# 4-Horse bumper pull - pros and cons



## terrymck (Jun 7, 2010)

Am thinking about purchasing a 4-Horse slant bumper pull rather than gooseneck, in order to leave my truck bed free for our camper or other purposes. We also motorcycle on longer trips, and would occasionally use the front two stalls for our motorcycle--staying at horse-friendly campgrounds. 

My question is, is a 4-horse bumper pull really a good idea?...you don't see very many. I've looked at different manufacturers: Cimarron, 4-Star, Featherlite, and note the axle positioning, from the rear of the trailer, isn't different between a 3-horse and 4-horse trailer, and wonder if lengthening the front end of the trailer puts a lot of extra weight on the hitch, fully loaded.....or, are the trailers constructed so that adding those extra front stalls isn't a big weight shift forward.
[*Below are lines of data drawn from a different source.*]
-- ===== src/Store/Jobs/Open.antt =====
-- At most one open job for each client, and repeated reports.
use stumpfworks_identity.Base.{
  ℕ, ◌≤◌, ◌≡◌, refl, ◌⊎◌, inl, inr, Bool, true, false, List, [], ◌∷◌, arith, Text, text_eq_sound,
  text_eq, find, count, any, count_of_any-false, count-update-le, if◌then◌else◌, Bool-cases,
  Option-cases, Result, ok, err, Faults, transaction,
}
use stumpfworks_identity.Store.Schema.{
  JobState, UpdateJob, Database, scheduled, expired, insert_audit,
}
use stumpfworks_identity.Store.Jobs.{
  may_move, state_eq, Externals, change_update_job, change_client_update_job, job_entry,
}
use stumpfworks_identity.Store.Jobs.Scheduling.{
  open_of, create_update_job, schedule_new, insert_job, create_client_update_job, overdue,
  expire_overdue, add_job, stored,
}
use stumpfworks_identity.Store.Jobs.Lifecycle.{
  Effect, repeated, changed, change-Effect, window, selected, moved,
}

abbrev pub OneOpen : Database → Type 0
OneOpen db = (client : Text) → count (open_of client) db.update_jobs ≤ 1

-- A permitted change opens no job that is closed.
moved_opens_none :
    (j row : UpdateJob) (to : JobState) (rollback : Bool) (now : ℕ) (client : Text)
    → may_move (window j) j.state to now ≡ true
    → state_eq j.state to ≡ false
    → open_of client (if selected j row then moved to rollback now row else row) ≡ true
    → open_of client row ≡ true
unfolding may_move
moved_opens_none j row to rollback now client m d h = ground arith

Effect-OneOpen :
    {faults : Faults} {j : UpdateJob} {to : JobState} {rollback : Bool} {actor ip : Text} {now : ℕ}
    {db after : Database}
    → Effect faults j to rollback actor ip now db after
    → OneOpen db
    → OneOpen after
Effect-OneOpen (repeated _ _ e) h client = rw e (h client)
Effect-OneOpen {j = j} {to = to} {rollback = rollback} {now = now} {db = db} (changed m d _ _ e) h
      client =
    rw e (
      omega (
        arith,
        h client,
        count-update-le (selected j) (moved to rollback now) (open_of client) db.update_jobs
            λ row. moved_opens_none j row to rollback now client m d,
      ))

change-OneOpen :
    (x : Externals) (faults : Faults) (calls : ℕ) (id client : Text) (to : JobState)
    (rollback : Bool) (actor ip : Text) (now : ℕ) (db after : Database)
    → change_update_job x faults calls id client to rollback actor ip now db ≡ ok (tt, after)
    → OneOpen db
    → OneOpen after
change-OneOpen x faults calls id client to rollback actor ip now db after e h =
    let (_, _, effect) =
      change-Effect x faults calls id client to rollback actor ip now db after e in
    Effect-OneOpen effect h

insert-ok :
    (faults : Faults) (j : UpdateJob) (db after : Database)
    → insert_job faults j db ≡ ok after
    → (any (open_of j.client_id) db.update_jobs ≡ false)
      × (after ≡ record db { update_jobs = j ∷ db.update_jobs })
unfolding insert_job
insert-ok faults j db after h = ground arith

insert-OneOpen :
    (faults : Faults) (j : UpdateJob) (db after : Database)
    → insert_job faults j db ≡ ok after
    → OneOpen db
    → OneOpen after
insert-OneOpen faults j db after e h client =
    let (free, same) = insert-ok faults j db after e in
    rw same (counted (Bool-cases (text_eq j.client_id client)) free)
  where
    counted :
        (text_eq j.client_id client ≡ true) ⊎ (text_eq j.client_id client ≡ false)
        → any (open_of j.client_id) db.update_jobs ≡ false
        → count (open_of client) (j ∷ db.update_jobs) ≤ 1
    counted (inl own) free =
        let none_open = count_of_any-false (open_of j.client_id) db.update_jobs free in
        unfold count in ground (arith, none_open, text_eq_sound j.client_id client own)
    counted (inr other) free = unfold count in ground (arith, h client, other)

expire-OneOpen :
    (x : Externals) (faults : Faults) (client actor ip : Text) (now : ℕ) (db ready : Database)
    → expire_overdue x faults client actor ip now db ≡ ok ready
    → OneOpen db
    → OneOpen ready
unfolding expire_overdue
expire-OneOpen x faults client actor ip now db ready e h =
    elim (Option-cases (find (overdue client now) db.update_jobs)) [
      | inl nothing ↦ let same : ready ≡ db = ground (arith, nothing) in rw same h
      | inr (previous, found) ↦
          change-OneOpen x faults 4 previous.id client expired false actor ip now db ready
            (ground (arith, found)) h
    ]

add-OneOpen :
    (faults : Faults) (j : UpdateJob) (actor ip : Text) (now : ℕ) (db after : Database)
    → add_job faults j actor ip now db ≡ ok (tt, after)
    → OneOpen db
    → OneOpen after
unfolding add_job
add-OneOpen faults j actor ip now db after e h =
    let (inserted, i, a) = added in rw a (insert-OneOpen faults (stored j now) db inserted i h)
  where
    added :
        (inserted : Database) × (insert_job faults (stored j now) db ≡ ok inserted)
        × (after ≡ insert_audit (job_entry scheduled j.client_id actor ip j.id) inserted)
    added = ground arith

schedule-OneOpen :
    (x : Externals) (faults : Faults) (j : UpdateJob) (actor ip : Text) (now : ℕ)
    (db after : Database)
    → schedule_new x faults j actor ip now db ≡ ok (tt, after)
    → OneOpen db
    → OneOpen after
unfolding schedule_new
schedule-OneOpen x faults j actor ip now db after e h =
    let (ready, expiring, adding) = parts in
    add-OneOpen faults j actor ip now ready after adding
      (expire-OneOpen x faults j.client_id actor ip now db ready expiring h)
  where
    parts :
        (ready : Database) × (expire_overdue x faults j.client_id actor ip now db ≡ ok ready)
        × (add_job faults j actor ip now ready ≡ ok (tt, after))
    parts = ground arith

-- A request that succeeds has added nothing, or has gone through the scheduling of a new job.
create-ok :
    (x : Externals) (faults : Faults) (j : UpdateJob) (actor ip : Text) (now : ℕ)
    (db after : Database)
    → create_update_job x faults j actor ip now db ≡ ok (tt, after)
    → (after ≡ db) ⊎ (schedule_new x faults j actor ip now db ≡ ok (tt, after))
unfolding create_update_job
create-ok x faults j actor ip now db after e =
    elim (Option-cases (find (λ (row : UpdateJob). text_eq row.id j.id) db.update_jobs)) [
      | inl fresh ↦ inr (ground (arith, fresh))
      | inr (old, found) ↦ inl (ground (arith, found))
    ]

create-OneOpen :
    (x : Externals) (faults : Faults) (j : UpdateJob) (actor ip : Text) (now : ℕ)
    (db after : Database)
    → create_update_job x faults j actor ip now db ≡ ok (tt, after)
    → OneOpen db
    → OneOpen after
create-OneOpen x faults j actor ip now db after e h =
    elim (create-ok x faults j actor ip now db after e) [
      | inl same ↦ rw same h
      | inr made ↦ schedule-OneOpen x faults j actor ip now db after made h
    ]

-- The two operations on jobs, each as a transaction with its own driver failures.
pub data Operation : Type 0 where
  create : UpdateJob → Operation
  change : Text → Text → JobState → Bool → Operation

pub record Call : Type 0 where
  pub outer : Faults
  pub inner : Faults
  pub actor : Text
  pub ip : Text
  pub now : ℕ
  pub operation : Operation

unfoldable pub apply : Externals → Call → Database → Database
apply x c db = elim c.operation [
  | create j ↦ (create_client_update_job x c.outer c.inner j c.actor c.ip c.now db).0
  | change id client to rollback ↦
      (change_client_update_job x c.outer c.inner id client to rollback c.actor c.ip c.now db).0
]

unfoldable pub run : Externals → List Call → Database → Database
run x [] db = db
run x (c ∷ cs) db = run x cs (apply x c db)

transaction-OneOpen :
    (faults : Faults) (db : Database) (body : Result (Unit {0} × Database))
    → OneOpen db
    → ((after : Database) → body ≡ ok (tt, after) → OneOpen after)
    → OneOpen (transaction faults db (λ _. body)).0
transaction-OneOpen faults db (err e) h k = elim (Bool-cases (faults 0)) [
  | inl t ↦ rw t h
  | inr t ↦ rw t h
]
transaction-OneOpen faults db (ok (u, after)) h k = elim (Bool-cases (faults 0)) [
  | inl t ↦ rw t h
  | inr t ↦ rw t (elim (Bool-cases (faults 1)) [ inl c ↦ rw c h | inr c ↦ rw c (k after refl) ])
]

apply-OneOpen : (x : Externals) (c : Call) (db : Database) → OneOpen db → OneOpen (apply x c db)
apply-OneOpen x c db h = by_operation c.operation
  where
    by_operation : (o : Operation) → OneOpen (apply x (record c { operation = o }) db)
    by_operation (create j) =
        unfold apply create_client_update_job in
        transaction-OneOpen c.outer db (create_update_job x c.inner j c.actor c.ip c.now db) h
          λ after e. create-OneOpen x c.inner j c.actor c.ip c.now db after e h
    by_operation (change id client to rollback) =
        unfold apply change_client_update_job in
        transaction-OneOpen c.outer db
          (change_update_job x c.inner 0 id client to rollback c.actor c.ip c.now db) h
          λ after e.
            change-OneOpen x c.inner 0 id client to rollback c.actor c.ip c.now db after e h

-- Any history of scheduling requests and changes of state, with any arguments and any driver
-- failures, keeps at most one scheduled or dispatched job for every client.
pub run-OneOpen :
    (x : Externals) (cs : List Call) (db : Database) → OneOpen db → OneOpen (run x cs db)
unfolding run
run-OneOpen x [] db h = h
run-OneOpen x (c ∷ cs) db h = run-OneOpen x cs (apply x c db) (apply-OneOpen x c db h)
Any other things I should be considering? Would really appreciate your thoughts. We drive an F-350 SRW Powerstroke.


----------



## farmpony84 (Apr 21, 2008)

I would be concerned with maneuverability. If you can maneuver easily then an F350 should have no issues pulling one. My personal preference is a goose neck but then you would have to consider a living quarters vice a a pop-in...


----------



## Mingiz (Jan 29, 2009)

I have an older 4 horse BP trailer. Steel straight load. If your weight in the front of the trailer is heavier than the rear, yes it will put more weight on your hitch/tongue, If your bikes are lighter or about the same as your horses you should be fine. If you ship 2 horses in the rear of a straight load it will fish tail, The main thing is to keep the weight balanced. If i'm just shipping my 2 I open my gate and slant load them but over the axles as much as possible. I have towed mine with a F250 6.0 So if your going aluminum your alot lighter than this trailer..You should have no problem at all...


----------



## Doveguy (Apr 13, 2010)

You might be able to do it with the F-350. The power is there. The SRW is a negative. That big trailer will be pushing your truck down hills in a scarey way. I wouldn't pull 4 horses in it. Maybe two horses and a some stuff like motorcycles, etc. And I would put the horses in the stalls over the wheels.. Check to make sure your tongue weight on the hitch is enough (at least 500 lbs.) You may need to get a weight distributing hitch. I think it would work but it would not be optimal. Since you have the F 350, you would be happiest with a gooseneck. It is more stable going down the road. Less chance of a jackknife accident which is catastrophic with horses.


----------



## Mingiz (Jan 29, 2009)

Doveguy said:


> *You might be able to do it with the F-350. The power is there. The SRW is a negative.* That big trailer will be pushing your truck down hills in a scarey way. I wouldn't pull 4 horses in it. Maybe two horses and a some stuff like motorcycles, etc. And I would put the horses in the stalls over the wheels.. Check to make sure your tongue weight on the hitch is enough (at least 500 lbs.) You may need to get a weight distributing hitch. I think it would work but it would not be optimal. Since you have the F 350, you would be happiest with a gooseneck. It is more stable going down the road. Less chance of a jack knife accident which is catastrophic with horses.


 
I have to make a statement about your post
You might be able to do it with a F350? SWR is a negative?...BS I'm towing a 3h sl with an 8ft LQ with a F250 ext cab swb SWR diesel and I have nary a problem pulling or stopping it. My trailer is rated at 10400lbs. I'm pretty sure that I'm at my limit when I load up for rough camping. Still no issues starting or stopping..even going over mountains. Even with a 4h bp no issues no WDH needed and I have towed the 4h steel bp to TX and back to MD loaded to the gill with a 97 Dodge ram 1500 with out an issue....Yes a GN does have more stability but they can jack knife also. But that wouldn't be the fault of the trailer.jmo


----------



## Doveguy (Apr 13, 2010)

Hi Mingiz,
Lots of people pull long trailers with SRW and you are right. It is not a negative. What I should have said is that a four-horse bumper-pull is probably going to feel more stable if it is pulled by DRW. Hope I didn't step on anyone's toes with that comment. I have a little experience with trailering. I have pulled a 4000 lb bumper pull travel trailer behind a Bronco II. That was an unstable rig. I used to pull a 6500 lb bumper pull travel trailer (23ft long) behind a full size Bronco. That was also a terribly unstable rig even though the hitch had weight distributing spring bars and a anti-sway bar cranked to the max.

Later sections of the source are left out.